The question is when the TCP connection can be closed again. Conceptually, we want to do reference counting: when there are no logical connections left between A and B we want to close the socket (possibly after some timeout).

However, A and B need to agree that the refcount has reached zero. It might happen that B sends a connection request over the existing socket at the same time that A closes its logical connection to B and closes the socket. This will cause a failure in B (which will have to retry) which is not caused by a network failure, which is unfortunate. (Note that the connection request from B might succeed even if A closes the socket.)

Instead, when A is ready to close the socket it sends a CloseSocket request to B and records that its connection to B is closing. If A receives a new connection request from B after having sent the CloseSocket request it simply forgets that it sent a CloseSocket request and increments the reference count of the connection again.

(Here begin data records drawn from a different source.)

-- ===== src/Pow/Tests.antt =====
-- The theorems on the challenge at a concrete client. The library functions are simple ones of the
-- same types: the MAC is 32 equal bytes, and a printed number is as many ones.
use nginx_http_sentinel_modu.Prelude.{
  ℕ, zero, suc, ◌≡◌, ◌≢◌, refl, sym, ◌∙◌, true, [], ◌∷◌, ◌++◌, some, none, arith, codes, Bytes,
  length, replicate, length-replicate, bytes_eq,
}
use nginx_http_sentinel_modu.Nginx.{declined, done, ok, Request, inet}
use nginx_http_sentinel_modu.Pow.{
  PowLib, PowConf, check_value, check_cookie, cookie_mac, signed, identity, pow_hex, set_cookie,
  ttl_of, pow_challenge, pow_dispatch, behind_cookie, with_challenge, answer_nonce, get_nonce,
  find_in_parts, find_header, bounded_nonce, meets_difficulty, lead_bits, byte_bits,
}
use nginx_http_sentinel_modu.Pow.Gate.{Past, pow_dispatch_closed}
use nginx_http_sentinel_modu.Pow.Cookie.{NoDot, PowLaws, cookie_round_trip}

abbrev lib : PowLib
lib = record {
  hmac = λ key msg. some (replicate 32 7);
  sha256 = λ b. 0 ∷ 255 ∷ [];
  print = λ n. replicate (suc n) 49;
  atotm = λ b. elim (length b) [ zero ↦ none | suc n ↦ some n ];
  cookie = λ r name. none;
  strncasecmp_eq = λ s t n. bytes_eq s t;
  arg = λ r name. some (codes "42");
}

ones-NoDot : (n : ℕ) → NoDot (replicate n 49)
ones-NoDot zero = tt
ones-NoDot (suc n) = (refl, ones-NoDot n)

read_ones : (n m : ℕ) → n ≡ suc m → (elim n [ zero ↦ none | suc k ↦ some k ]) ≡ some m
read_ones n m e = rw e refl

lib-PowLaws : PowLaws lib
lib-PowLaws = record {
  digest = λ key msg out e. digest_size out e;
  digits = λ n. (ones-NoDot (suc n), omega arith);
  read = λ n. read_ones (length (replicate (suc n) 49)) n (length-replicate (suc n) 49);
}
  where
    digest_size : (out : Bytes) → some (replicate 32 7) ≡ some out → length out ≡ 32
    digest_size out e = ground arith

abbrev conf : PowConf
conf = record { enabled = true; secret = codes "k"; difficulty = 8; ttl = 2 }

abbrev request : Request
request = record {
  uri = codes "/";
  method = 2;
  http_version = 1001;
  headers = [] ∷ [];
  host = none;
  content_length = none;
  transfer_encoding = none;
  user_agent = none;
  accept = none;
  accept_language = none;
  accept_encoding = none;
  addr_text = codes "192.0.2.1";
  sockaddr = some (inet (192 ∷ 0 ∷ 2 ∷ 1 ∷ []));
  err_status = 0;
  out_status = 200;
}

-- The cookie set at time 1, which runs out at 3.
abbrev value : Bytes
value = (49 ∷ 49 ∷ 49 ∷ 49 ∷ []) ++ (b'.' ∷ pow_hex (replicate 32 7))

value_set : set_cookie lib conf request 1 true ≡ some value
unfolding set_cookie cookie_mac signed identity ttl_of
value_set = refl

-- Another request of the client.
abbrev other : Request
other = record request { uri = codes "/other" }

cookie_round_trip_example : check_value lib conf other 2 value ≡ ok
unfolding ttl_of
cookie_round_trip_example =
    cookie_round_trip lib conf request other 1 2 value lib-PowLaws refl refl value_set

challenged : pow_challenge lib conf request 1 ≡ some (pow_hex (replicate 32 7))
unfolding pow_challenge signed identity
challenged = refl

some-none : {A : Type 0} (a : A) → some a ≢ none
some-none a h = cc

declined-done : declined ≢ done
declined-done h = cc

solved : (pow_dispatch lib conf request 1 true true).rc ≡ declined
unfolding pow_dispatch check_cookie behind_cookie with_challenge pow_challenge signed identity
    answer_nonce get_nonce find_in_parts find_header bounded_nonce meets_difficulty lead_bits
    byte_bits
solved = refl

pow_dispatch_closed_example :
    Past lib conf request 1 true (pow_dispatch lib conf request 1 true true).rc
pow_dispatch_closed_example =
    pow_dispatch_closed lib conf request 1 true true refl (omega arith)
      (λ e. some-none (pow_hex (replicate 32 7)) (sym challenged ∙ e))
      (λ e. declined-done (sym solved ∙ e))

When B receives a CloseSocket message and it too is ready to close the connection, it will respond with a reciprocal CloseSocket request to A and then actually close the socket. A meanwhile will not send any more requests to B after having sent a CloseSocket request, and will actually close its end of the socket only when receiving the CloseSocket message from B. (Since A recorded that its connection to B is in closing state after sending a CloseSocket request to B, it knows not to reciprocate B reciprocal CloseSocket message.)

If there is a concurrent thread in A waiting to connect to B after A has sent a CloseSocket request then this thread will block until A knows whether to reuse the old socket (if B sends a new connection request instead of acknowledging the CloseSocket) or to set up a new socket.